For this exercise, write out exactly the lines from the line containing "unfolding decode_loop" through the last line of the records, and no other lines.

STUDY MATERIAL: Begin

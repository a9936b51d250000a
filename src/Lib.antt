-- ===== src/Lib.antt =====
-- The file share server: a web server over SQLite for users, groups and their files, a TFTP server
-- that moves the files, and the containers that both stand on.
--
-- Which file models which part, with paths from the repository's root:
--   LinkedList: src/data_structures/lists/linked_list.c. A list is the chain of its data and the
--     cached length, which may differ; an index is an `int`.
--   Queue: src/data_structures/lists/queue.c, over LinkedList.
--   Tree: src/data_structures/trees/binary_search_tree.c, for any comparison; Comparator has the
--     laws that are asked of one, Tree/Comparisons the comparisons of that file but for float.
--   Dictionary: src/data_structures/dictionary, a Tree of entries and a LinkedList of keys.
--   Checksum: src/networking/checksum.c; Checksum/Packet has its uses in
--     src/networking/tftp/tftp_client_handle.c.
--   Base64: the base64 functions of src/http/helper/helper.c.
--   Database: src/database/db.c. `System` is what the code calls and does not define: SQLite, the C
--     library and the file system, as functions on a state `W`.
--   Model: src/model/user.c, session.c, group.c, directory.c and file.c, with the helpers of
--     src/utils/helper.c. The SQL is kept as it is written; a function that reaches the state is a
--     function of `W`. Model/Directory and Model/File have what is written in their Storage;
--     Model/Nodes has the lists of directories and files.
--   Controller: get_user_from_request and the responses of src/http/helper/helper.c, and
--     src/http/controller/user_controller.c, group_controller.c, directory_controller.c and
--     file_controller.c (Controller/Users, Groups, Members, Directories and Files). A handler takes
--     a request and a state and gives a response and a state.
--   HttpRequest: src/networking/http/http_request.c, from the text of a request to the dictionaries.
--   HttpServer: src/networking/http/http_server.c: routes, methods, resources and, in
--     HttpServer/Dispatch, http_handler from the text of a request to the response.
--     HttpServer/Registration has the routes of src/main/http.c and src/main.c.
--   ThreadPool: src/systems/thread_pool.c, the workers and their jobs as sequences of moves.
--   Tftp: src/networking/tftp, the handler of a client: Tftp/Send and Tftp/Receive have the packets
--     with their retries, Tftp/Request and Tftp/Options the request, Tftp/Transfer the blocks of a
--     download and an upload, Tftp/Client the handler from create_handler to the end, with
--     tftp_handler of tftp_server.c. `Writer` is what writes a file.
--   Common: what the others share. Tests: the theorems at concrete data.
--
-- A C function that reads through NULL, reads an uninitialised pointer or writes beyond a buffer
-- gives `fault`, one that calls `exit` gives `exited`; what else it returns is in `done`.
-- Memory is allocated without fail, and what is freed is seen only in the lists of freed data. The
-- state that a SELECT leaves behind is, by hypothesis (KeepsSelects), the one before it. Requests
-- are taken one at a time; ThreadPool has the order in which jobs begin.
--
-- A few bytes that are written or read beyond an array are no `fault` but are taken as free, so
-- that the text is as it was: the terminators that have no room at
-- src/networking/http/http_request.c:30, 77 and 104 and src/networking/http/http_server.c:110;
-- those that are not copied at http_request.c:112 and 189 and http_server.c:114 and are still
-- found; and the last two bytes of the JSON at src/http/controller/user_controller.c:49.
-- create_handler does write far beyond `__packet_buffer`
-- (src/networking/tftp/tftp_client_handle.c:67) and runs into undefined behaviour there; the
-- theorems on a client's request are on handle_client, for any handler that holds one.
--
-- The TFTP handler takes the datagrams that arrive from a list and waits behind its end; an
-- address that it reads in a dead frame and the jump buffer of a handler that it has freed are
-- taken as they were, and a number of two bytes stands in memory with its low byte first.
--
-- Fuel: the destructor of a list has one round more than its length, binary_search the length and
-- one, the checksum the number of bytes and two; the theorems on them show that these suffice.
-- remove_directory has a depth of 4096 calls, beyond which it counts as a fault. The copy of a
-- resource has one round more than there are bytes, which the theorem on it shows to be enough. The
-- parser takes each token from a text that it makes shorter, and has one round more than fields.
-- A loop of the TFTP handler that has no bound has two rounds more than there are datagrams, and is
-- `endless` beyond them; each round takes a datagram, but where a window has no blocks.
--
-- Not modelled: the logger (output only), SQLite's headers, the sockets and the start-up code of the
-- programs in main but for the routes, the end of the thread pool, the comparison of floats, and of
-- the TFTP server the sockets and the loop that waits for a client.
pub mod Common
pub mod Comparator
pub mod LinkedList
pub mod Queue
pub mod Tree
pub mod Dictionary
pub mod Checksum
pub mod Base64
pub mod Database
pub mod Model
pub mod Controller
pub mod HttpRequest
pub mod HttpServer
pub mod ThreadPool
pub mod Tftp
pub mod Tests
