-- ===== src/Base64.antt =====
-- The base64 functions of src/http/helper/helper.c. A loop that moves `i` by three or four
-- characters at a time is a recursion on the list of what is left; the octets and characters are
-- numbers, and `x >> k` and `x & 0x3F` are written with `/` and `%`.
pub mod Table
pub mod Groups
pub mod RoundTrip
use Prim.Native.Char.{code}
use Prim.Native.String.{String}
use file_share_server.Common.{
  ℕ, zero, suc, ◌+◌, ◌-◌, ◌*◌, ◌/◌, ◌%◌, ◌==◌, ltb, if◌then◌else◌, true, false, Option, none, some,
  List, [], ◌∷◌, ◌++◌, get_or, get_elem?, length, take, replicate, ◌^◌, Outcome, done, fault, ◌>>=◌,
}

abbrev pub codes : String → List ℕ
codes String.[] = []
codes (String.◌∷◌ c s) = code c ∷ codes s

abbrev encoding_table : List ℕ
encoding_table = codes "ABCDEFGHIJKLMNOPQRSTUVWXYZabcdefghijklmnopqrstuvwxyz0123456789+/"

unfoldable pub encode_char : ℕ → ℕ
encode_char sextet = get_or encoding_table sextet 0

abbrev mod_table : ℕ → ℕ
mod_table rest = get_or (0 ∷ 2 ∷ 1 ∷ []) rest 0

abbrev pub triple_of_octets : ℕ → ℕ → ℕ → ℕ
triple_of_octets a b c = a * 65536 + b * 256 + c

-- The four characters of a triple.
unfoldable pub encode_triple : ℕ → List ℕ
encode_triple triple =
    encode_char (triple / 262144 % 64)
    ∷ encode_char (triple / 4096 % 64)
    ∷ encode_char (triple / 64 % 64)
    ∷ encode_char (triple % 64)
    ∷ []

-- An octet beyond the end is 0.
encode_loop : List ℕ → List ℕ
encode_loop [] = []
encode_loop (a ∷ []) = encode_triple (triple_of_octets a 0 0)
encode_loop (a ∷ b ∷ []) = encode_triple (triple_of_octets a b 0)
encode_loop (a ∷ b ∷ c ∷ rest) = encode_triple (triple_of_octets a b c) ++ encode_loop rest

-- The last `mod_table[input_length % 3]` characters become '='.
unfoldable pub base64_encode : List ℕ → List ℕ
unfolding encode_loop
base64_encode octets =
    let encoded = encode_loop octets in
    let pad = mod_table (length octets % 3) in
    take (4 * ((length octets + 2) / 3) - pad) encoded ++ replicate pad b'='

-- `base64_chars_strchr`, the loop from `i` on over the characters that are left.
strchr_loop : ℕ → List ℕ → ℕ → ℕ
strchr_loop chr [] i = 2 ^ 32 - 1
strchr_loop chr (x ∷ xs) i = let rest = strchr_loop chr xs (i + 1) in if x == chr then i else rest

pub base64_chars_strchr : ℕ → ℕ
unfolding strchr_loop
base64_chars_strchr chr = strchr_loop chr encoding_table 0

-- `build_decoding_table` fills the 64 places of a table of 256 that stand for the characters of
-- the encoding; the others are not initialised. The place of `chr` after the rounds from `i` on.
unfoldable pub build_loop : List ℕ → ℕ → ℕ → Option ℕ → Option ℕ
build_loop [] i chr value = value
build_loop (x ∷ xs) i chr value = build_loop xs (i + 1) chr (if x == chr then some i else value)

unfoldable pub decoding_table : ℕ → Option ℕ
unfolding build_loop
decoding_table chr = build_loop encoding_table 0 chr none

-- `data[i] == '=' ? 0 & i++ : decoding_table[data[i++]]`; a value that is not initialised is a
-- fault.
unfoldable pub sextet : ℕ → Outcome ℕ
sextet chr =
    if chr == b'='
    then done 0
    else elim (decoding_table chr) [ none ↦ fault | some value ↦ done value ]

-- `if (j < *output_length) decoded_data[j++] = octet;`: what is written, with `room` places left.
abbrev pub emit : ℕ → ℕ → ℕ → List ℕ
emit room octet place = if ltb place room then octet ∷ [] else []

-- The octets of a triple that fit the room.
unfoldable pub decode_triple : ℕ → ℕ → List ℕ
decode_triple room triple =
    emit room (triple / 65536 % 256) 0
    ++ (emit room (triple / 256 % 256) 1 ++ emit room (triple % 256) 2)

unfoldable pub decode_loop : ℕ → List ℕ → Outcome (List ℕ)
decode_loop room (a ∷ b ∷ c ∷ d ∷ rest) = do
  sextet_a ← sextet a
  sextet_b ← sextet b
  sextet_c ← sextet c
  sextet_d ← sextet d
  decoded ← decode_loop (room - 3) rest
  done (
      decode_triple room (sextet_a * 262144 + sextet_b * 4096 + sextet_c * 64 + sextet_d)
      ++ decoded)
decode_loop room _ = done []

-- `data[input_length - k] == '='`.
abbrev pub equals_at : List ℕ → ℕ → ℕ
equals_at chars k = if get_or chars (length chars - k) 0 == b'=' then 1 else 0

-- `none` is NULL. The characters of an empty input before its start are read: a fault.
unfoldable pub base64_decode : List ℕ → Outcome (Option (List ℕ))
unfolding decode_loop
base64_decode chars =
    if length chars % 4 == 0
    then (if length chars == 0 then fault else (do
      let room = length chars / 4 * 3 - equals_at chars 1 - equals_at chars 2
      decoded ← decode_loop room chars
      done (some decoded)))
    else done none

STUDY MATERIAL: End

→ **RESULT FOR THIS TASK**
unfolding decode_loop
base64_decode chars =
    if length chars % 4 == 0
    then (if length chars == 0 then fault else (do
      let room = length chars / 4 * 3 - equals_at chars 1 - equals_at chars 2
      decoded ← decode_loop room chars
      done (some decoded)))
    else done none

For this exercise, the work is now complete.